Way too much work. Sorry.
It increases the size of the database and makes certain things harder. It's a trade off. With the E/A model, each attribute ends up as a row in a table. So, if you have 100 attributes, 20 are common and 80 are variable/optional. You have a parent table with 20 columns and a child table with three columns but up to 80 rows. By the end of the first year we had tables with over a million rows. They were very narrow, but very long.
tblfieldValues:
FieldValueID (autonumber, PK)
AttributeID (long integer FK)
AttributeVal
The nice thing about the model is that once you establish the structure and some rules, the user can add new attributes and map them to a product without you having to do anything.
In the case of my client, before I developed the Access app, they were having to wait a minimum of four months for the ID department to create new tables and modify forms, etc. Once the Access app was developed, the user could create a new policy type in a couple of hours. In both cases, the time to create the word templates was separate.

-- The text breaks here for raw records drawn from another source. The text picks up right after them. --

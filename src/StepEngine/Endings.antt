-- ===== src/StepEngine/Endings.antt =====
-- packages/workflow/src/engine.ts: `runStep` ends, and what its result says of the step.
use ai_orchestration.Prelude.{
  ℕ, zero, suc, ◌+◌, ◌<◌, ◌≤◌, arith, String, Bool, ◌≡◌, refl, sym, ap, ◌⊎◌, inl, inr, Option, none,
  some, leb, Bool-cases, Option-cases, Thrown, ok, throw, Thrown-cases, ok-injective,
}
use mathlib.Core.Option.{some-injective}
use ai_orchestration.Value.{Value, Fields, end}
use ai_orchestration.Workflow.{WorkflowStep, StepResult, StepStatus}
use ai_orchestration.StepExpr.Tokens.{ExpressionError}
use ai_orchestration.StepEngine.Interpolate.{interpolate_step}
use ai_orchestration.StepEngine.Attempts.{
  succeeded, failed, Settlement, Attempt, Outcome, outcome, caught, awaited, max_attempts,
  attempt_from, run_step, succeeds, gives_up, after_failure, finish_attempt, in_time, timed_out,
  throws, resolves, rejects, hangs,
}
use ai_orchestration.StepEngine.Retries.{after_failure-cases}

-- The await of a step with a timeout ends, whatever the executor does.
awaited-ends :
    (step : WorkflowStep) (ms : ℕ) (s : Settlement)
    → step.timeout_ms ≡ some ms
    → (o : Outcome) × (awaited step s ≡ some o)
unfolding awaited
awaited-ends step ms (throws message) e = (caught message, rw (e, awaited) refl)
awaited-ends step ms hangs e = (timed_out step ms, rw (e, awaited) refl)
awaited-ends step ms (resolves after f r) e = elim (Bool-cases (in_time ms (resolves after f r))) [
  | inl h ↦ (outcome r, rw (e, awaited, h) refl)
  | inr h ↦ (timed_out step ms, rw (e, awaited, h) refl)
]
awaited-ends step ms (rejects after f m) e = elim (Bool-cases (in_time ms (rejects after f m))) [
  | inl h ↦ (caught m, rw (e, awaited, h) refl)
  | inr h ↦ (timed_out step ms, rw (e, awaited, h) refl)
]

after_failure-holds :
    (P : Option (Thrown ExpressionError StepResult) → Type 0) (a : Attempt) (is_last : Bool)
    (result : StepResult) (rest : Option (Thrown ExpressionError StepResult))
    → P (some (ok result))
    → P rest
    → P (after_failure a is_last result rest)
after_failure-holds P a is_last result rest now later = elim (Bool-cases a.aborted) [
  | inl e ↦ rw e now
  | inr e ↦ elim (Bool-cases is_last) [
    | inl l ↦ rw (e, l) now
    | inr l ↦ elim (Bool-cases a.aborted_in_pause) [
      | inl q ↦ rw (e, l, q) now
      | inr q ↦ rw (e, l, q) later
    ]
  ]
]

module _ (json : Value → String) (step : WorkflowStep) (attempts : ℕ → Attempt)
    (started finished : ℕ) where
  -- A result is returned; or the interpolation of the step throws, in one of `left` attempts from
  -- `n` on, and its error is thrown.
  abbrev pub Settles : (n left : ℕ) → Option (Thrown ExpressionError StepResult) → Type 0
  Settles n left o =
      ((r : StepResult) × (o ≡ some (ok r)))
      ⊎ ((m : ℕ) × (e : ExpressionError) × (n ≤ m)
          × (m < n + left)
          × (interpolate_step json (attempts m).context step ≡ throw e)
          × (o ≡ some (throw e)))

  Settles-later :
      (n left : ℕ) (o : Option (Thrown ExpressionError StepResult))
      → Settles (suc n) left o
      → Settles n (suc left) o
  Settles-later n left o (inl r) = inl r
  Settles-later n left o (inr (m, e, low, high, thrown, eq)) =
      inr (m, e, omega (arith, low), omega (arith, high), thrown, eq)

  finish_attempt-holds :
      (P : Option (Thrown ExpressionError StepResult) → Type 0) (a : Attempt) (is_last : Bool)
      (outputs : Fields) (o : Outcome)
      (rest : Option String → Fields → Option (Thrown ExpressionError StepResult))
      → ((r : StepResult) → P (some (ok r)))
      → ((error : Option String) (given : Fields) → P (rest error given))
      → P (finish_attempt json step attempts started finished a is_last outputs o rest)
  unfolding finish_attempt
  finish_attempt-holds P a l outputs (outcome (succeeded given)) rest now later = now _
  finish_attempt-holds P a l outputs (outcome (failed given message)) rest now later =
      after_failure-holds P a l _ _ (now _) (later message _)
  finish_attempt-holds P a l outputs (caught message) rest now later =
      after_failure-holds P a l _ _ (now _) (later (some message) outputs)

  attempt_from-Settles :
      (ms : ℕ)
      → step.timeout_ms ≡ some ms
      → (left n : ℕ) (error : Option String) (outputs : Fields)
      → Settles n left (attempt_from json step attempts started finished left n error outputs)
  unfolding attempt_from
  attempt_from-Settles ms e zero n error outputs = inl (_, refl)
  attempt_from-Settles ms e (suc left) n error outputs =
      elim (Thrown-cases (interpolate_step json (attempts n).context step)) [
        | inl (x, thrown) ↦
            inr (n, x, omega arith, omega arith, thrown, rw (thrown, attempt_from) refl)
        | inr (ready, i) ↦
            let (o, w) = awaited-ends step ms ((attempts n).executor ready) e in
            rw (i, w, attempt_from)
              (finish_attempt-holds (Settles n (suc left)) (attempts n) (leb left 0) outputs o _
                (λ r. inl (r, refl))
                (λ message given.
                  Settles-later n left _ (attempt_from-Settles ms e left (suc n) message given)))
      ]

  -- The promise of a step with a timeout settles, even when its executor never does: `runStep`
  -- returns a result, or throws the error that the interpolation of the step throws in one of the
  -- attempts allowed.
  pub run_step-Settles :
      (ms : ℕ)
      → step.timeout_ms ≡ some ms
      → Settles 1 (max_attempts step) (run_step json step attempts started finished)
  unfolding run_step
  run_step-Settles ms e = attempt_from-Settles ms e (max_attempts step) 1 none end

  -- The two results that the function builds.
  abbrev Built : StepResult → Type 0
  Built r =
      ((given : Option Fields) × (r ≡ succeeds json step attempts started finished given))
      ⊎ ((error : Option String) × (outputs : Fields) × (r
            ≡ gives_up json step attempts started finished error outputs))

  after_failure-Built :
      (a : Attempt) (is_last : Bool) (error : Option String) (outputs : Fields) (r : StepResult)
      (rest : Option (Thrown ExpressionError StepResult))
      → (rest ≡ some (ok r) → Built r)
      → after_failure a is_last (gives_up json step attempts started finished error outputs) rest
        ≡ some (ok r)
      → Built r
  after_failure-Built a is_last error outputs r rest k h =
      elim (after_failure-cases a is_last _ rest (ok r) h) [
        | inl q ↦ inr (error, outputs, sym (ok-injective q))
        | inr (_, _, called) ↦ k called
      ]

  finish_attempt-Built :
      (a : Attempt) (is_last : Bool) (outputs : Fields) (o : Outcome) (r : StepResult)
      (rest : Option String → Fields → Option (Thrown ExpressionError StepResult))
      → ((error : Option String) (given : Fields) → rest error given ≡ some (ok r) → Built r)
      → finish_attempt json step attempts started finished a is_last outputs o rest ≡ some (ok r)
      → Built r
  unfolding finish_attempt
  finish_attempt-Built a l outputs (outcome (succeeded given)) r rest k h =
      inl (given, sym (ok-injective (some-injective _ _ h)))
  finish_attempt-Built a l outputs (outcome (failed given message)) r rest k h =
      after_failure-Built a l message _ r _ (k message _) h
  finish_attempt-Built a l outputs (caught message) r rest k h =
      after_failure-Built a l (some message) outputs r _ (k (some message) outputs) h

  attempt_from-Built :
      (left n : ℕ) (error : Option String) (outputs : Fields) (r : StepResult)
      → attempt_from json step attempts started finished left n error outputs ≡ some (ok r)
      → Built r
  unfolding attempt_from
  attempt_from-Built zero n error outputs r h =
      inr (error, outputs, sym (ok-injective (some-injective _ _ h)))
  attempt_from-Built (suc left) n error outputs r h =
      elim (Thrown-cases (interpolate_step json (attempts n).context step)) [
        | inl (e, eq) ↦ absurd (thrown e (rw (eq, attempt_from) at h))
        | inr (ready, eq) ↦ elim (Option-cases (awaited step ((attempts n).executor ready))) [
          | inl hang ↦ absurd (hung (rw (eq, hang, attempt_from) at h))
          | inr (o, ends) ↦
              finish_attempt-Built (attempts n) (leb left 0) outputs o r _
                (λ message given called. attempt_from-Built left (suc n) message given r called)
                (rw (eq, ends, attempt_from) at h)
        ]
      ]
    where
      thrown :
          (e : ExpressionError)
          → ◌≡◌ {A = Option (Thrown ExpressionError StepResult)} (some (throw e)) (some (ok r))
          → ⊥
      thrown e q = cc

      hung : ◌≡◌ {A = Option (Thrown ExpressionError StepResult)} none (some (ok r)) → ⊥
      hung q = cc

  -- A result of `runStep` is the step's own, and a success or a failure.
  pub run_step-status :
      (r : StepResult)
      → run_step json step attempts started finished ≡ some (ok r)
      → (r.step_id ≡ step.id) × ((r.status ≡ StepStatus.succeeded) ⊎ (r.status ≡ StepStatus.failed))
  unfolding run_step succeeds gives_up
  run_step-status r h = elim (attempt_from-Built (max_attempts step) 1 none end r h) [
    | inl (given, e) ↦
        (ap (λ (z : StepResult). z.step_id) e, inl (ap (λ (z : StepResult). z.status) e))
    | inr (error, outputs, e) ↦
        (ap (λ (z : StepResult). z.step_id) e, inr (ap (λ (z : StepResult). z.status) e))
  ]
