-- ===== src/StepEngine/Stable.antt =====
-- packages/workflow/src/engine.ts: a result, once recorded, is the step's result for good.
use ai_orchestration.Prelude.{
  String, true, false, not, ◌||◌, ◌≡◌, sym, ◌∙◌, some, List, [], ◌∷◌, is_none, str_eq, str_eq_iff,
  Bool-cases, inl, inr, Thrown, ok, throw, arith,
}
use ai_orchestration.Prelude.Dict.{Dict, lookup, insert, lookup-insert}
use ai_orchestration.Prelude.Names.{has, add}
use ai_orchestration.Value.{Value}
use ai_orchestration.Workflow.{WorkflowStep, StepResult}
use ai_orchestration.StepEngine.State.{
  Execution, Progress, eligible, ineligible, Verdict, EngineError, is_eligible,
}
use ai_orchestration.StepEngine.Pass.{launch_as, skipped_result, abandon, to_launch}
use ai_orchestration.StepEngine.Machine.{complete, EngineState, Reachable, Leads}
use ai_orchestration.StepEngine.Ids.{ids, has-ids_mem}
use ai_orchestration.StepEngine.Launching.{
  launched, launch_all-keeps, to_launch-Ready, to_launch-Distinct,
}
use ai_orchestration.StepEngine.Kept.{Kept, Leads-kept}
use ai_orchestration.StepEngine.Exclusive.{
  IsExclusive, IsExclusive-kept, launch_as-IsExclusive, Reachable-IsExclusive, is_pending,
  is_running, has_result,
}

-- Recording another step's result.
lookup-insert_other :
    (i j : String) (r q : StepResult) (m : Dict StepResult)
    → lookup j m ≡ some r
    → not (is_none (lookup i m)) ≡ false
    → lookup j (insert i q m) ≡ some r
lookup-insert_other i j r q m h fresh = elim (Bool-cases (str_eq i j)) [
  | inl e ↦ absurd (clash (rw (sym (sym ((str_eq_iff i j).0 e)), h) at fresh))
  | inr e ↦ lookup-insert i j q m ∙ rw e h
]
  where
    clash : true ≡ false → ⊥
    clash e = cc

-- A pending or running step has no result yet.
pub no_result :
    (p : Progress) (i : String)
    → IsExclusive p
    → (is_pending p i || is_running p i) ≡ true
    → has_result p i ≡ false
no_result p i e h = ground (arith, e.1 i, h)

lookup-launch_as :
    (s : WorkflowStep) (p : Progress) (v : Thrown EngineError Verdict) (j : String) (r : StepResult)
    → IsExclusive p
    → is_pending p s.id ≡ true
    → lookup j p.results ≡ some r
    → lookup j (launched (launch_as s p v)).results ≡ some r
unfolding launch_as
lookup-launch_as s p (throw e) j r i h found = found
lookup-launch_as s p (ok eligible) j r i h found = found
lookup-launch_as s p (ok (ineligible reason t)) j r i h found =
    lookup-insert_other s.id j r (skipped_result s.id reason) p.results found
      (no_result p s.id i (ground (arith, h)))

lookup-abandon :
    (ss : List WorkflowStep) (p : Progress) (j : String) (r : StepResult)
    → has j (ids ss) ≡ false
    → lookup j p.results ≡ some r
    → lookup j (abandon ss p).results ≡ some r
unfolding abandon has
lookup-abandon [] p j r h found = found
lookup-abandon (s ∷ ss) p j r h found = lookup-abandon ss (next s p) j r (ground (arith, h)) (
    lookup-insert s.id j (skipped_result s.id "unresolved dependency graph") p.results
    ∙ ground (arith, h, found))
  where
    next : WorkflowStep → Progress → Progress
    next s p = record p {
      results = insert s.id (skipped_result s.id "unresolved dependency graph") p.results;
      tainted = add s.id p.tainted;
    }

module _ (json : Value → String) (x : Execution) where
  result-kept :
      (j : String) (r : StepResult)
      → Kept json x (λ p. IsExclusive p × (lookup j p.results ≡ some r))
  unfolding complete insert
  result-kept j r =
      let e = IsExclusive-kept json x in
      record {
        by_pass = λ p i.
            launch_all-keeps x (λ q. IsExclusive q × (lookup j q.results ≡ some r))
              (λ s q ready k. (
                launch_as-IsExclusive s q (is_eligible x q s) ready.0 k.0,
                lookup-launch_as s q (is_eligible x q s) j r k.0 ready.0 k.1,
              ))
              (to_launch x p) p (to_launch-Distinct x p i.0.0) (to_launch-Ready x p) i;
        by_abandon = λ p i.
            (e.by_abandon p i.0, lookup-abandon p.pending p j r (ground (arith, i.0.1 j, i.1)) i.1);
        by_complete = λ task attempts started finished q p m ran i. (
          e.by_complete task attempts started finished q p m ran i.0,
          lookup-insert_other task.id j r q p.results i.1
              (no_result p task.id i.0 (ground (arith, has-ids_mem task p.tasks m))),
        );
        by_rejection = λ id p i. (e.by_rejection id p i.0, i.1);
        by_retire = λ id p i. (e.by_retire id p i.0, i.1);
      }

  -- In every state that follows, a step that has a result has that result.
  pub Leads-lookup :
      (st last : EngineState) (j : String) (r : StepResult)
      → Reachable json x st
      → Leads json x st last
      → lookup j st.progress.results ≡ some r
      → lookup j last.progress.results ≡ some r
  Leads-lookup st last j r reached leads found =
      let i = Reachable-IsExclusive json x st reached in
      (Leads-kept x (result-kept j r) st last leads (i, found)).1
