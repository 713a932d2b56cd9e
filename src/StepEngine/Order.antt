-- ===== src/StepEngine/Order.antt =====
-- packages/workflow/src/engine.ts: "steps run once every dependency has settled".
use mathlib.Core.List.{Memᴰ}
use ai_orchestration.Prelude.{
  String, true, ◌≡◌, List, [], ◌∷◌, All, All-map, All-filter, All-append_one, All-mem, Thrown, ok,
  throw,
}
use ai_orchestration.Prelude.Dict.{Dict, insert}
use ai_orchestration.Prelude.Names.{add}
use ai_orchestration.Value.{Value}
use ai_orchestration.Workflow.{WorkflowStep, StepResult}
use ai_orchestration.StepEngine.State.{
  Execution, Progress, initial, deps_settled, eligible, ineligible, Verdict, EngineError,
  is_eligible,
}
use ai_orchestration.StepEngine.Pass.{launch_as, skipped_result, abandon, to_launch, drop_step}
use ai_orchestration.StepEngine.Machine.{complete, EngineState, Reachable}
use ai_orchestration.StepEngine.Ids.{ids, Distinct, Distinct-ids-filter}
use ai_orchestration.StepEngine.Launching.{
  launched, Ready, launch_all-keeps, to_launch-Ready, to_launch-Distinct, deps_settled-insert,
}
use ai_orchestration.StepEngine.Kept.{Kept, Reachable-kept}
use ai_orchestration.StepEngine.Initial.{initial-Distinct}

-- Every task that runs has the results of its dependencies.
abbrev pub InOrder : Progress → Type 0
InOrder p = Distinct (ids p.pending) × All (λ s. deps_settled p.results s ≡ true) p.tasks

InOrder-insert :
    (k : String) (r : StepResult) (results : Dict StepResult) (tasks : List WorkflowStep)
    → All (λ s. deps_settled results s ≡ true) tasks
    → All (λ s. deps_settled (insert k r results) s ≡ true) tasks
InOrder-insert k r results tasks h =
    All-map (λ s. deps_settled results s ≡ true) (λ s. deps_settled (insert k r results) s ≡ true)
      tasks (λ s. deps_settled-insert k r results s) h

launch_as-InOrder :
    (s : WorkflowStep) (p : Progress) (v : Thrown EngineError Verdict)
    → Ready p s
    → InOrder p
    → InOrder (launched (launch_as s p v))
unfolding launch_as
launch_as-InOrder s p (throw e) r i = (Distinct-ids-filter _ p.pending i.0, i.1)
launch_as-InOrder s p (ok eligible) r i = (
  Distinct-ids-filter _ p.pending i.0,
  All-append_one (λ s. deps_settled p.results s ≡ true) p.tasks s i.1 r.1,
)
launch_as-InOrder s p (ok (ineligible reason t)) r i = (
  Distinct-ids-filter _ p.pending i.0,
  InOrder-insert s.id (skipped_result s.id reason) p.results p.tasks i.1,
)

abandon-InOrder : (ss : List WorkflowStep) (p : Progress) → InOrder p → InOrder (abandon ss p)
unfolding abandon
abandon-InOrder [] p i = (tt, i.1)
abandon-InOrder (s ∷ ss) p i = abandon-InOrder ss (next s p) (
  i.0,
  InOrder-insert s.id (skipped_result s.id "unresolved dependency graph") p.results p.tasks i.1,
)
  where
    next : WorkflowStep → Progress → Progress
    next s p = record p {
      results = insert s.id (skipped_result s.id "unresolved dependency graph") p.results;
      tainted = add s.id p.tainted;
    }

module _ (json : Value → String) (x : Execution) where
  InOrder-kept : Kept json x InOrder
  unfolding complete drop_step
  InOrder-kept = record {
    by_pass = λ p i.
        launch_all-keeps x InOrder (λ s q r k. launch_as-InOrder s q (is_eligible x q s) r k)
          (to_launch x p) p (to_launch-Distinct x p i.0) (to_launch-Ready x p) i;
    by_abandon = λ p i. abandon-InOrder p.pending p i;
    by_complete = λ task attempts started finished r p m ran i. (
      i.0,
      InOrder-insert task.id r p.results (drop_step task.id p.tasks)
          (All-filter (λ s. deps_settled p.results s ≡ true) _ p.tasks i.1),
    );
    by_rejection = λ id p i. (i.0, All-filter (λ s. deps_settled p.results s ≡ true) _ p.tasks i.1);
    by_retire = λ id p i. i;
  }

  initial-InOrder : InOrder (initial x)
  unfolding initial
  initial-InOrder = (initial-Distinct x, tt)

  -- However the tasks interleave, a step whose task runs has a result for each of its dependencies.
  pub Reachable-InOrder :
      (st : EngineState) (step : WorkflowStep)
      → Reachable json x st
      → Memᴰ step st.progress.tasks
      → deps_settled st.progress.results step ≡ true
  Reachable-InOrder st step reached m =
      All-mem (λ s. deps_settled st.progress.results s ≡ true) st.progress.tasks
        (Reachable-kept x InOrder-kept initial-InOrder st reached).1 m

A policy might require dozens of documents, even hundreds if different riders were required for each state. So, that could take days depending on how many they had to create. I even built them a tool that would read the bookmarks in a word document and map them to defined fields. To do this, they had to use the field name as the bookmark name and use a numeric suffix if they needed to use the same field multiple times. For example, the Insured name might appear several times in the document so it would be Last01, Last02, First01, First02, etc. if they didn't use the naming rules, they had to do the mapping manually.
The task of creating the necessary fields and mapping them wasn't done by all the users. It was only done by three that I trained. The others just used the app to enter data. The app had users from San Francisco to London and was run using Citrix that was hosted in Farmington, CT.